-- Records shown follows --
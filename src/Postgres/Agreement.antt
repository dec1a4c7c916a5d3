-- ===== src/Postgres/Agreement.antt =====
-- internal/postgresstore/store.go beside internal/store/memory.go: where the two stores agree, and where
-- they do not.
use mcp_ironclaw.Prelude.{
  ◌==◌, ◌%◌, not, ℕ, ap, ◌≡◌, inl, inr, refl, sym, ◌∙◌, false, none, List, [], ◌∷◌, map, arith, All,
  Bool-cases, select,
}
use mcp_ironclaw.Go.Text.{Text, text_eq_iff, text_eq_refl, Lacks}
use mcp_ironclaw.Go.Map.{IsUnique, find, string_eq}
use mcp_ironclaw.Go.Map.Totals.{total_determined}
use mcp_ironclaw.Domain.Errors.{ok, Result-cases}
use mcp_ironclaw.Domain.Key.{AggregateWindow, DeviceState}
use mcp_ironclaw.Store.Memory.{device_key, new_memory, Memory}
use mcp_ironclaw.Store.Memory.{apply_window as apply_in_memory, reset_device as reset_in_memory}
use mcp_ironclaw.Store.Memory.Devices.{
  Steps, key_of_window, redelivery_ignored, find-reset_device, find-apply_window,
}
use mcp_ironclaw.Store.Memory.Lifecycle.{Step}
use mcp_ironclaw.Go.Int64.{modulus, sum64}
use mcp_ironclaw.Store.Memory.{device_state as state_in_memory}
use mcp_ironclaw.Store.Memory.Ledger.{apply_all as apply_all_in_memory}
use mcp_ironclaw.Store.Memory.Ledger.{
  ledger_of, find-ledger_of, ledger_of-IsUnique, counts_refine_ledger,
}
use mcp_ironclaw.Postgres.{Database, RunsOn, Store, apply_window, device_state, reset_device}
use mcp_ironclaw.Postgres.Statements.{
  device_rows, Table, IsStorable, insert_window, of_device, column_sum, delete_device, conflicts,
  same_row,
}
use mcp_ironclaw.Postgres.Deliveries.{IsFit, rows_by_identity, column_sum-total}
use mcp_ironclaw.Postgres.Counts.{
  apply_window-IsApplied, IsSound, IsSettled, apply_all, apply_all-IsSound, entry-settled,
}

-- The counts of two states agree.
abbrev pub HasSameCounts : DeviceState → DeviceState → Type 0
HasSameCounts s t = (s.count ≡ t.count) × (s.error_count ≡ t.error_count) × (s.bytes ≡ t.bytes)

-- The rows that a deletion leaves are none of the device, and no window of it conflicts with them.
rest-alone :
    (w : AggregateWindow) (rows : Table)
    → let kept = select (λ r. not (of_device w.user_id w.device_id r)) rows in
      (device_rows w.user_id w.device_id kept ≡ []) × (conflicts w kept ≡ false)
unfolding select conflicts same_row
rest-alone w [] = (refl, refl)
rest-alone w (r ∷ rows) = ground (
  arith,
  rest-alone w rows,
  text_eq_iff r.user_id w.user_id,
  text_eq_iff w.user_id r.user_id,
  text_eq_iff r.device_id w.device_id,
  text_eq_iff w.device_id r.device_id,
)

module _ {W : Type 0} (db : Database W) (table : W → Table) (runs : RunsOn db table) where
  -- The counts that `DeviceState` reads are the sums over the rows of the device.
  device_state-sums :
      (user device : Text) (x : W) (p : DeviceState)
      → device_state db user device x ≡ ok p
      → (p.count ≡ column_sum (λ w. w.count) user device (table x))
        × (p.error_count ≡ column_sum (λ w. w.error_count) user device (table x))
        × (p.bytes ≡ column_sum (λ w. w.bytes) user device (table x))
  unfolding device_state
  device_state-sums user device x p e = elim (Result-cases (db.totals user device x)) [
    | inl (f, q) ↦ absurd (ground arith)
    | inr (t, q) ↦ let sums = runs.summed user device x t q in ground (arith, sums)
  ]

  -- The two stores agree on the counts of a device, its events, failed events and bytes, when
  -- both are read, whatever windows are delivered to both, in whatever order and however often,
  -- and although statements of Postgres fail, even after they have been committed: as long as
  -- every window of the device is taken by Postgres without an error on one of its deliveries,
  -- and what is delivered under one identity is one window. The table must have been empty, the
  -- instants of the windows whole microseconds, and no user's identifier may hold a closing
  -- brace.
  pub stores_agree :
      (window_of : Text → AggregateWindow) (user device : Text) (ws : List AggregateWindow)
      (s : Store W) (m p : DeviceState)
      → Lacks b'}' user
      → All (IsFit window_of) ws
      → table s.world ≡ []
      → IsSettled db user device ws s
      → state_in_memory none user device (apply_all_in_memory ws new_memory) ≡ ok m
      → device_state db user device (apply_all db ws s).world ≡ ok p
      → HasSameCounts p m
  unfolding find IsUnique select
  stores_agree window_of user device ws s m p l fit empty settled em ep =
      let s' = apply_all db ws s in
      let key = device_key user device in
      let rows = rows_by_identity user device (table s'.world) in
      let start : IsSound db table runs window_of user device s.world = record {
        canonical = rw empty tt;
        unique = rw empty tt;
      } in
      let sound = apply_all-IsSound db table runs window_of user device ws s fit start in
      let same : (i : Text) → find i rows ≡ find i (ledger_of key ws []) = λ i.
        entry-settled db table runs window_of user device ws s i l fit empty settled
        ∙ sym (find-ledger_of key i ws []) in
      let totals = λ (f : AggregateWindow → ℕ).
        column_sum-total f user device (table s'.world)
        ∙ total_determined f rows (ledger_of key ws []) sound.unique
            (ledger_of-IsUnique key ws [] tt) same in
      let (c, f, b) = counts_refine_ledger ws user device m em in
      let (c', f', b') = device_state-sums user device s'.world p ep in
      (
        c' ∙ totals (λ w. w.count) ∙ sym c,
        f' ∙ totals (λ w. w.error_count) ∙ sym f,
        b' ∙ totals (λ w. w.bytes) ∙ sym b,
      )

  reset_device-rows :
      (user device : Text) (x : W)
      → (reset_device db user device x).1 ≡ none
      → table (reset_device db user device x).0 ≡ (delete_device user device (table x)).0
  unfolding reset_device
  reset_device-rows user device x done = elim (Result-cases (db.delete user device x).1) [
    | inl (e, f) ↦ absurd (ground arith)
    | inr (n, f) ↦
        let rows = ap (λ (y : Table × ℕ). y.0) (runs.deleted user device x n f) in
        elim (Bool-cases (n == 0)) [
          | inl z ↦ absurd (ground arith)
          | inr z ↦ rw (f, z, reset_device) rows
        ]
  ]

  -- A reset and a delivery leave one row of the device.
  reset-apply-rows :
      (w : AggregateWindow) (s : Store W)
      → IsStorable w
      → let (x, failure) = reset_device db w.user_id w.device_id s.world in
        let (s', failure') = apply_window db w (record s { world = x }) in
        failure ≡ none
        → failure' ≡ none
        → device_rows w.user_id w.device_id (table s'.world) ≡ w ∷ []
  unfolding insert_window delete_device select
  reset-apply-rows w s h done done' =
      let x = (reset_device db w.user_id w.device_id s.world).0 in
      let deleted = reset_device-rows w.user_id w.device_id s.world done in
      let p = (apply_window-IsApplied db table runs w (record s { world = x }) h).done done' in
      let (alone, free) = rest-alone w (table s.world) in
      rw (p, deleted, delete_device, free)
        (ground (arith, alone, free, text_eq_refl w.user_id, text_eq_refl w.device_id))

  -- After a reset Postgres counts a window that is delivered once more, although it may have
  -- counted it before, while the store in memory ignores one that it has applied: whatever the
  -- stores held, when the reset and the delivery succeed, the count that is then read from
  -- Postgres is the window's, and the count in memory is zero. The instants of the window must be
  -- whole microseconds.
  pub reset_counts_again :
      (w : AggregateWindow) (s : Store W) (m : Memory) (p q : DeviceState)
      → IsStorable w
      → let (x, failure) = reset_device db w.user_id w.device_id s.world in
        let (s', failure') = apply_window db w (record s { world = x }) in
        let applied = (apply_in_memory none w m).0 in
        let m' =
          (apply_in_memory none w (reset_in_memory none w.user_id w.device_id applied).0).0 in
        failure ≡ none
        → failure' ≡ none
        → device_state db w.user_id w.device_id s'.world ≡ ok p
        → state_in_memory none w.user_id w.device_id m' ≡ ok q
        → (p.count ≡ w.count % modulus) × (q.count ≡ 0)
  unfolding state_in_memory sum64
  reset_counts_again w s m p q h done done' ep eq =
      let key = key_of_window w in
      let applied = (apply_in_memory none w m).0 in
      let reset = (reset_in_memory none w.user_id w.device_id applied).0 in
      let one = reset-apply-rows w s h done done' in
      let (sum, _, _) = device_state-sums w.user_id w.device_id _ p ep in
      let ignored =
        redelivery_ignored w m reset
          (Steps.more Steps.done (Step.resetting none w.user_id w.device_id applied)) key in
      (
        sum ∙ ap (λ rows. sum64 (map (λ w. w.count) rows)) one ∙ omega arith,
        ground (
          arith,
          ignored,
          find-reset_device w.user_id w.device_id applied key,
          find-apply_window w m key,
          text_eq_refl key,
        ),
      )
-- Records shown concluded --
» Required action
Which lines run from the one holding "(q.count ≡ 0)" through the one holding "find-reset_device w.user_id w.device_id" in the records above? Repeat them exactly, both included, and nothing more.

» Completed exercise
        → (p.count ≡ w.count % modulus) × (q.count ≡ 0)
  unfolding state_in_memory sum64
  reset_counts_again w s m p q h done done' ep eq =
      let key = key_of_window w in
      let applied = (apply_in_memory none w m).0 in
      let reset = (reset_in_memory none w.user_id w.device_id applied).0 in
      let one = reset-apply-rows w s h done done' in
      let (sum, _, _) = device_state-sums w.user_id w.device_id _ p ep in
      let ignored =
        redelivery_ignored w m reset
          (Steps.more Steps.done (Step.resetting none w.user_id w.device_id applied)) key in
      (
        sum ∙ ap (λ rows. sum64 (map (λ w. w.count) rows)) one ∙ omega arith,
        ground (
          arith,
          ignored,
          find-reset_device w.user_id w.device_id applied key,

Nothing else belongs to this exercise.